▶ About this exercise
Repeat the data below with no changes.

(Dataset items)
=== Begin Enclosure ===
-- ===== src/Examples/Fixtures.antt =====
-- A machine, its service and what is deployed there, for the examples.
use open_functions.Prelude.{
  ℕ, suc, Bytes, codes, true, false, none, some, [], ◌∷◌, err, list_Eq, ℕ_Eq, pair_Eq,
}
use open_functions.Model.{
  Function, http, dir, Runtime, QueuePolicy, FunctionState, Revision, Build, BuildMode, BuildStatus,
  Metadata,
}
use open_functions.PubSub.Client.{Broker, Subscription}
use open_functions.PubSub.Reconcile.{DesiredBinding, Reconciler}
use open_functions.Registry.{
  BuildModeSetting, PythonModeSetting, PythonInstaller, RegisterRequest, Outside, World, Config,
  Entry, DriverKind, Removal, BuildError, PythonBuildError,
}
use open_functions.Examples.Instances.{config, spec}

abbrev pub subscription : Subscription
subscription = record {
  name = codes "open-functions-greeter";
  topic = codes "orders";
  push_endpoint = none;
  ack_deadline_seconds = 60;
}

-- A server that grants everything.
abbrev pub broker : Broker
broker = record {
  State = Unit {0};
  request = λ method url body s. (s, some (200, codes "{}"));
  from_json = λ body. some subscription;
  invalid_json = λ body. body;
}

abbrev pub reconciler : Reconciler
reconciler = record {
  client = record { base_url = codes "http://localhost:8085"; project = codes "local" };
  initial_backoff = 1000;
  max_backoff = 60000;
}

abbrev pub desired : DesiredBinding
desired = record {
  function_name = codes "greeter";
  project = codes "local";
  topic = codes "orders";
  push_endpoint = codes "http://localhost:8080/_cf/push/greeter";
  ack_deadline_seconds = 60;
}

-- A machine on which no build succeeds; the clock counts its readings.
abbrev pub outside : Outside
outside = record {
  State = ℕ;
  LogRecord = Bytes;
  broker = broker;
  now = λ s. (suc s, s);
  new_uuid = λ s. (s, codes "b1");
  is_dir = λ s p. true;
  metadata = λ s p. Metadata.file;
  exists = λ s p. true;
  remove_dir_all = λ p s. (s, Removal.removed);
  rust_available = λ m s. (s, true);
  rust_build = λ m q s. (s, err (BuildError.timeout 600000));
  python_available = λ m s. (s, true);
  python_build = λ m q s. (s, err (PythonBuildError.timeout 600000));
  container_driver_available = λ s. (s, false);
  connect = λ socket s. (s, err (codes "no socket"));
  resolve_image_digest = λ image s. (s, err (codes "no image"));
  show_detect_error = λ e. codes "no runtime";
  show_build_error = λ e. codes "build timed out";
  show_python_build_error = λ e. codes "build timed out";
}

abbrev pub service : Config
service = record {
  build_mode = BuildModeSetting.auto;
  docker_socket = codes "/var/run/docker.sock";
  artifacts_dir = codes "/data/artifacts";
  build_dir = codes "/data/build";
  cache_dir = codes "/data/cache/cargo";
  build_timeout = 600000;
  defaults = record {
    timeout_secs = 60;
    concurrency = 1;
    memory_mib = 256;
    min_instances = 0;
    max_instances = 4;
    idle_timeout_secs = 300;
    queue_policy = QueuePolicy.wait;
    queue_max_wait_secs = 10;
  };
  pubsub = none;
  python = record {
    mode = PythonModeSetting.auto;
    has_container_builder = false;
    installer = PythonInstaller.auto;
    python_bin = [];
    uv_bin = codes "uv";
    container_image = codes "python:3.14";
    functions_framework_spec = codes "functions-framework";
    cache_root = codes "/data/cache";
    passthrough_env = [];
  };
}

abbrev pub greeter : Function
greeter = record {
  name = codes "greeter";
  trigger = http;
  source = dir (codes "/src/greeter") none;
  runtime = some Runtime.rust;
  env = [];
  entry_point = codes "main";
  timeout_secs = 60;
  concurrency = 8;
  memory_mib = 256;
  min_instances = 0;
  max_instances = 4;
  idle_timeout_secs = 300;
  queue_policy = QueuePolicy.wait;
  queue_max_wait_secs = 10;
  state = FunctionState.ready;
  current_revision = some 1;
  last_error = none;
  created_at = 1;
  updated_at = 1;
}

abbrev pub first_revision : Revision
first_revision = record {
  function_name = codes "greeter";
  number = 1;
  artifact_path = some (codes "/data/artifacts/greeter/1/function");
  image_digest = none;
  build_id = some (codes "b0");
  snapshot = greeter;
  build_mode = some BuildMode.host;
  container_image = none;
  artifact_pruned = false;
  created_at = 2;
}

abbrev pub running_build : Build
running_build = record {
  id = codes "b0";
  function_name = codes "greeter";
  revision = 1;
  mode = BuildMode.host;
  status = BuildStatus.running;
  log_path = codes "/data/artifacts/greeter/1/build.log";
  exit_code = none;
  started_at = 1;
  finished_at = none;
  tool = some (codes "cargo");
}

abbrev pub entry : Entry
entry = record {
  driver = DriverKind.process_driver;
  pool = record {
    config = config;
    spec_template = spec;
    instances = [];
    starting = none;
    is_draining = false;
    global_free = 4;
    fresh = 0;
  };
}

abbrev pub deployed : World outside
deployed = record {
  store = record {
    functions = (codes "greeter", greeter) ∷ [];
    revisions = ((codes "greeter", 1), first_revision) ∷ [];
    builds = (codes "b0", running_build) ∷ [];
    bindings = [];
  };
  pools = (codes "greeter", entry) ∷ [];
  reapers = (codes "greeter", tt) ∷ [];
  building = [];
  global_free = 4;
  logs = record { capacity = 1000; buffers = [] };
  broker = tt;
  outer = 10;
}

abbrev pub redeploy : RegisterRequest
redeploy = record {
  name = codes "greeter";
  trigger = http;
  source = dir (codes "/src/greeter") none;
  runtime = none;
  entry_point = none;
  env = [];
  timeout_secs = none;
  concurrency = none;
  memory_mib = none;
  min_instances = none;
  max_instances = none;
  idle_timeout_secs = none;
  queue_policy = none;
  queue_max_wait_secs = none;
}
=== End Enclosure ===
▶ Response below
-- ===== src/Examples/Fixtures.antt =====
-- A machine, its service and what is deployed there, for the examples.
use open_functions.Prelude.{
  ℕ, suc, Bytes, codes, true, false, none, some, [], ◌∷◌, err, list_Eq, ℕ_Eq, pair_Eq,
}
use open_functions.Model.{
  Function, http, dir, Runtime, QueuePolicy, FunctionState, Revision, Build, BuildMode, BuildStatus,
  Metadata,
}
use open_functions.PubSub.Client.{Broker, Subscription}
use open_functions.PubSub.Reconcile.{DesiredBinding, Reconciler}
use open_functions.Registry.{
  BuildModeSetting, PythonModeSetting, PythonInstaller, RegisterRequest, Outside, World, Config,
  Entry, DriverKind, Removal, BuildError, PythonBuildError,
}
use open_functions.Examples.Instances.{config, spec}

abbrev pub subscription : Subscription
subscription = record {
  name = codes "open-functions-greeter";
  topic = codes "orders";
  push_endpoint = none;
  ack_deadline_seconds = 60;
}

-- A server that grants everything.
abbrev pub broker : Broker
broker = record {
  State = Unit {0};
  request = λ method url body s. (s, some (200, codes "{}"));
  from_json = λ body. some subscription;
  invalid_json = λ body. body;
}

abbrev pub reconciler : Reconciler
reconciler = record {
  client = record { base_url = codes "http://localhost:8085"; project = codes "local" };
  initial_backoff = 1000;
  max_backoff = 60000;
}

abbrev pub desired : DesiredBinding
desired = record {
  function_name = codes "greeter";
  project = codes "local";
  topic = codes "orders";
  push_endpoint = codes "http://localhost:8080/_cf/push/greeter";
  ack_deadline_seconds = 60;
}

-- A machine on which no build succeeds; the clock counts its readings.
abbrev pub outside : Outside
outside = record {
  State = ℕ;
  LogRecord = Bytes;
  broker = broker;
  now = λ s. (suc s, s);
  new_uuid = λ s. (s, codes "b1");
  is_dir = λ s p. true;
  metadata = λ s p. Metadata.file;
  exists = λ s p. true;
  remove_dir_all = λ p s. (s, Removal.removed);
  rust_available = λ m s. (s, true);
  rust_build = λ m q s. (s, err (BuildError.timeout 600000));
  python_available = λ m s. (s, true);
  python_build = λ m q s. (s, err (PythonBuildError.timeout 600000));
  container_driver_available = λ s. (s, false);
  connect = λ socket s. (s, err (codes "no socket"));
  resolve_image_digest = λ image s. (s, err (codes "no image"));
  show_detect_error = λ e. codes "no runtime";
  show_build_error = λ e. codes "build timed out";
  show_python_build_error = λ e. codes "build timed out";
}

abbrev pub service : Config
service = record {
  build_mode = BuildModeSetting.auto;
  docker_socket = codes "/var/run/docker.sock";
  artifacts_dir = codes "/data/artifacts";
  build_dir = codes "/data/build";
  cache_dir = codes "/data/cache/cargo";
  build_timeout = 600000;
  defaults = record {
    timeout_secs = 60;
    concurrency = 1;
    memory_mib = 256;
    min_instances = 0;
    max_instances = 4;
    idle_timeout_secs = 300;
    queue_policy = QueuePolicy.wait;
    queue_max_wait_secs = 10;
  };
  pubsub = none;
  python = record {
    mode = PythonModeSetting.auto;
    has_container_builder = false;
    installer = PythonInstaller.auto;
    python_bin = [];
    uv_bin = codes "uv";
    container_image = codes "python:3.14";
    functions_framework_spec = codes "functions-framework";
    cache_root = codes "/data/cache";
    passthrough_env = [];
  };
}

abbrev pub greeter : Function
greeter = record {
  name = codes "greeter";
  trigger = http;
  source = dir (codes "/src/greeter") none;
  runtime = some Runtime.rust;
  env = [];
  entry_point = codes "main";
  timeout_secs = 60;
  concurrency = 8;
  memory_mib = 256;
  min_instances = 0;
  max_instances = 4;
  idle_timeout_secs = 300;
  queue_policy = QueuePolicy.wait;
  queue_max_wait_secs = 10;
  state = FunctionState.ready;
  current_revision = some 1;
  last_error = none;
  created_at = 1;
  updated_at = 1;
}

abbrev pub first_revision : Revision
first_revision = record {
  function_name = codes "greeter";
  number = 1;
  artifact_path = some (codes "/data/artifacts/greeter/1/function");
  image_digest = none;
  build_id = some (codes "b0");
  snapshot = greeter;
  build_mode = some BuildMode.host;
  container_image = none;
  artifact_pruned = false;
  created_at = 2;
}

abbrev pub running_build : Build
running_build = record {
  id = codes "b0";
  function_name = codes "greeter";
  revision = 1;
  mode = BuildMode.host;
  status = BuildStatus.running;
  log_path = codes "/data/artifacts/greeter/1/build.log";
  exit_code = none;
  started_at = 1;
  finished_at = none;
  tool = some (codes "cargo");
}

abbrev pub entry : Entry
entry = record {
  driver = DriverKind.process_driver;
  pool = record {
    config = config;
    spec_template = spec;
    instances = [];
    starting = none;
    is_draining = false;
    global_free = 4;
    fresh = 0;
  };
}

abbrev pub deployed : World outside
deployed = record {
  store = record {
    functions = (codes "greeter", greeter) ∷ [];
    revisions = ((codes "greeter", 1), first_revision) ∷ [];
    builds = (codes "b0", running_build) ∷ [];
    bindings = [];
  };
  pools = (codes "greeter", entry) ∷ [];
  reapers = (codes "greeter", tt) ∷ [];
  building = [];
  global_free = 4;
  logs = record { capacity = 1000; buffers = [] };
  broker = tt;
  outer = 10;
}

abbrev pub redeploy : RegisterRequest
redeploy = record {
  name = codes "greeter";
  trigger = http;
  source = dir (codes "/src/greeter") none;
  runtime = none;
  entry_point = none;
  env = [];
  timeout_secs = none;
  concurrency = none;
  memory_mib = none;
  min_instances = none;
  max_instances = none;
  idle_timeout_secs = none;
  queue_policy = none;
  queue_max_wait_secs = none;
}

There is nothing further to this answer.